To do:
Copy exactly the stretch of data below from the line with "-- A new order" through the line with "before : Kept P s1", including both of those lines.
── Excerpted data ──
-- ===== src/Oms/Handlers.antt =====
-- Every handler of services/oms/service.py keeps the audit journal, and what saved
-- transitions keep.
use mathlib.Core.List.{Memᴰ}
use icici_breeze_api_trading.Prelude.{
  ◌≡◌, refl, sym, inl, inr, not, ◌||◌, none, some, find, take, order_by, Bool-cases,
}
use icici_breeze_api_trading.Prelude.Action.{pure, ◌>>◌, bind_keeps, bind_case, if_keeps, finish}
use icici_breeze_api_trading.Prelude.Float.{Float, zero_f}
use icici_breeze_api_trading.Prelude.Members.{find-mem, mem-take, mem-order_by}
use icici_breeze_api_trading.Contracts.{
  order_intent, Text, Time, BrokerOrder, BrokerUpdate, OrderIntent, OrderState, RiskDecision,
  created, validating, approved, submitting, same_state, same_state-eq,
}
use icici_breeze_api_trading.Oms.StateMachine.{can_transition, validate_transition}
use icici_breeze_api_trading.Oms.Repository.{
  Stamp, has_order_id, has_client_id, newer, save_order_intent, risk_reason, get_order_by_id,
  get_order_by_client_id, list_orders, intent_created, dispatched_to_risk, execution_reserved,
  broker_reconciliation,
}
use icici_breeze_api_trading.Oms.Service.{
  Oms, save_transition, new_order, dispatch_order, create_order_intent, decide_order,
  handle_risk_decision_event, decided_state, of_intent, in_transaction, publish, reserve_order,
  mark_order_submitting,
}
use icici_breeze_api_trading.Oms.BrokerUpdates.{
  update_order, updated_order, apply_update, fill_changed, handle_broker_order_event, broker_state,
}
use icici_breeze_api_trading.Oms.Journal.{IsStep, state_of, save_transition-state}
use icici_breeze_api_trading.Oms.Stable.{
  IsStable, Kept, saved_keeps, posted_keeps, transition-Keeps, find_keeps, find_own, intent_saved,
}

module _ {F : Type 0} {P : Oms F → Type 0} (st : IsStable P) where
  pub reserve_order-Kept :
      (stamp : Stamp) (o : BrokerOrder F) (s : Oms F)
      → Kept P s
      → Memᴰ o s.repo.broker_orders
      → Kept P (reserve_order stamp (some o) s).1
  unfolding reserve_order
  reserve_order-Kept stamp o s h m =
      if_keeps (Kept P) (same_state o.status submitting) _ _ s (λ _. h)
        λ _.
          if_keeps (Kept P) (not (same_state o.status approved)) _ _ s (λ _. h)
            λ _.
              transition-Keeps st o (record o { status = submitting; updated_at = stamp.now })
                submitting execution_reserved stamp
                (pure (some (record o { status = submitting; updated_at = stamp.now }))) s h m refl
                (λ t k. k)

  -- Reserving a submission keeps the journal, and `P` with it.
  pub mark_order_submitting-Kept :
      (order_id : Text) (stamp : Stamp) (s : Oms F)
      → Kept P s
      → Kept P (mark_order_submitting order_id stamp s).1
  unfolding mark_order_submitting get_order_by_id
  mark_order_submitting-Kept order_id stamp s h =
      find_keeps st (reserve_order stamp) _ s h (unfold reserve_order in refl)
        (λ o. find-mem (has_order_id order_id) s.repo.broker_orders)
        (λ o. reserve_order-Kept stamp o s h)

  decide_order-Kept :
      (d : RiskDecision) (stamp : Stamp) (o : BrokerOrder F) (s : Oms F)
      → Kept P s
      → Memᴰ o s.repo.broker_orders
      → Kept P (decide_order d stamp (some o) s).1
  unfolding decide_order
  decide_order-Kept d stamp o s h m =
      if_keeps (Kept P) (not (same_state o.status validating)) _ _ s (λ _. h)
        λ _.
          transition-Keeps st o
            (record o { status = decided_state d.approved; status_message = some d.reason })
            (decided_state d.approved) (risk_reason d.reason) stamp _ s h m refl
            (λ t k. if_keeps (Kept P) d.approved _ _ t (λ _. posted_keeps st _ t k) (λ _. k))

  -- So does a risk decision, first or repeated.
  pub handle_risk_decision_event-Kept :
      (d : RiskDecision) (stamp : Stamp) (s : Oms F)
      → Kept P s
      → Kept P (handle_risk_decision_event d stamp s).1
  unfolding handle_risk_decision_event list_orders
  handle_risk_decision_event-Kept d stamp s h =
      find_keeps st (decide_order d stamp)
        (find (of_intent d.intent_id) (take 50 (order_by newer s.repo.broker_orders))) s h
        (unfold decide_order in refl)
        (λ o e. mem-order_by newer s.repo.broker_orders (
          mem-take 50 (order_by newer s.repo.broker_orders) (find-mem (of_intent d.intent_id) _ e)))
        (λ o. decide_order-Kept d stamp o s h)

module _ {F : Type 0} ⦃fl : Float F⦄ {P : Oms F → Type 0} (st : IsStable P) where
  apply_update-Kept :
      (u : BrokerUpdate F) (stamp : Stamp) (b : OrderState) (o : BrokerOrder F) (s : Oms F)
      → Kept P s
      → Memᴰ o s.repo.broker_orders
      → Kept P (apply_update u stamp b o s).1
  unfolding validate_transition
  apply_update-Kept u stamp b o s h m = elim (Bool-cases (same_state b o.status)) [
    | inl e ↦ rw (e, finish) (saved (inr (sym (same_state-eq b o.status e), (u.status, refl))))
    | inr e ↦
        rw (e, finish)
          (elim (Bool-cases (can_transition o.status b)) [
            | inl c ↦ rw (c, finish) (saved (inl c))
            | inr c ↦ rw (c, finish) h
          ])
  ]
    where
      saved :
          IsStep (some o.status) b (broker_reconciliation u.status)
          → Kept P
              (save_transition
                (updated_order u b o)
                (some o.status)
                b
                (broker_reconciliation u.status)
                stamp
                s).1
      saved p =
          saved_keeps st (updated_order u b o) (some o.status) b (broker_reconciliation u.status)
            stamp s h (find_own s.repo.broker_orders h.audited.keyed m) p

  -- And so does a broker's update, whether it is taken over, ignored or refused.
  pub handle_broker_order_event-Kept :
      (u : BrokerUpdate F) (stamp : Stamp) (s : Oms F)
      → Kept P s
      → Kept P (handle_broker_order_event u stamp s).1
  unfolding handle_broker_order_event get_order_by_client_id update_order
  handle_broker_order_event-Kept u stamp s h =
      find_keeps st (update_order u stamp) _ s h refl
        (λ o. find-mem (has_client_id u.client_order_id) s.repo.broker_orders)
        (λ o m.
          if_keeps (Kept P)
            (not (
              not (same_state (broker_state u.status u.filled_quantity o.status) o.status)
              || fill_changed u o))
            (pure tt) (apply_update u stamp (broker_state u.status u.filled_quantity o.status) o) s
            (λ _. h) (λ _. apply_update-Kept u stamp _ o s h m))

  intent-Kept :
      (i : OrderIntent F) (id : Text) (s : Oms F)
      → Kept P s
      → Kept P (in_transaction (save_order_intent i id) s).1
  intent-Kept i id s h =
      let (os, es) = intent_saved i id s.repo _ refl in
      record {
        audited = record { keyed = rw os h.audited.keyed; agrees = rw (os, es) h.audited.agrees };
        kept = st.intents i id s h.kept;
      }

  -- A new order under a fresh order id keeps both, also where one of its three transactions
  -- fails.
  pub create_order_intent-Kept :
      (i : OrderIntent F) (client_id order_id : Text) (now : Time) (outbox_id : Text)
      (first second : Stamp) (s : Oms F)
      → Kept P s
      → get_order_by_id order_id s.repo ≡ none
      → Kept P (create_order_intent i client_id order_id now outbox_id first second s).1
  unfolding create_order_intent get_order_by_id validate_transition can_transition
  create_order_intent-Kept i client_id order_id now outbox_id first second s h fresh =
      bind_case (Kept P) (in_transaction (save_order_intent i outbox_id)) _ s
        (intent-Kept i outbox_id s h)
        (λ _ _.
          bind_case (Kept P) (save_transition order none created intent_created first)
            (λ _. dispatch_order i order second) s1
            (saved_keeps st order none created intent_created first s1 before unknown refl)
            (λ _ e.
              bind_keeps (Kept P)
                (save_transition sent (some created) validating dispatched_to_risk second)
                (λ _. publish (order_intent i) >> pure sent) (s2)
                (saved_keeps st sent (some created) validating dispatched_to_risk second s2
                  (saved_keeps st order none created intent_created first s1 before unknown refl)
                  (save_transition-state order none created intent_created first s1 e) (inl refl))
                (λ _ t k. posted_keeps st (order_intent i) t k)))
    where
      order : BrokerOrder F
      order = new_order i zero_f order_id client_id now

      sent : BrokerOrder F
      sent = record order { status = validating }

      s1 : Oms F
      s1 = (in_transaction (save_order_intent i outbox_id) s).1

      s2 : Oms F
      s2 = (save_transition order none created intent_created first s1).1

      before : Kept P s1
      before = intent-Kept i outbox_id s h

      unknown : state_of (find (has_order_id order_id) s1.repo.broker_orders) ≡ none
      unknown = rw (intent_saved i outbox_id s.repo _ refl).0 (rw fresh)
───
Task answer:
  -- A new order under a fresh order id keeps both, also where one of its three transactions
  -- fails.
  pub create_order_intent-Kept :
      (i : OrderIntent F) (client_id order_id : Text) (now : Time) (outbox_id : Text)
      (first second : Stamp) (s : Oms F)
      → Kept P s
      → get_order_by_id order_id s.repo ≡ none
      → Kept P (create_order_intent i client_id order_id now outbox_id first second s).1
  unfolding create_order_intent get_order_by_id validate_transition can_transition
  create_order_intent-Kept i client_id order_id now outbox_id first second s h fresh =
      bind_case (Kept P) (in_transaction (save_order_intent i outbox_id)) _ s
        (intent-Kept i outbox_id s h)
        (λ _ _.
          bind_case (Kept P) (save_transition order none created intent_created first)
            (λ _. dispatch_order i order second) s1
            (saved_keeps st order none created intent_created first s1 before unknown refl)
            (λ _ e.
              bind_keeps (Kept P)
                (save_transition sent (some created) validating dispatched_to_risk second)
                (λ _. publish (order_intent i) >> pure sent) (s2)
                (saved_keeps st sent (some created) validating dispatched_to_risk second s2
                  (saved_keeps st order none created intent_created first s1 before unknown refl)
                  (save_transition-state order none created intent_created first s1 e) (inl refl))
                (λ _ t k. posted_keeps st (order_intent i) t k)))
    where
      order : BrokerOrder F
      order = new_order i zero_f order_id client_id now

      sent : BrokerOrder F
      sent = record order { status = validating }

      s1 : Oms F
      s1 = (in_transaction (save_order_intent i outbox_id) s).1

      s2 : Oms F
      s2 = (save_transition order none created intent_created first s1).1

      before : Kept P s1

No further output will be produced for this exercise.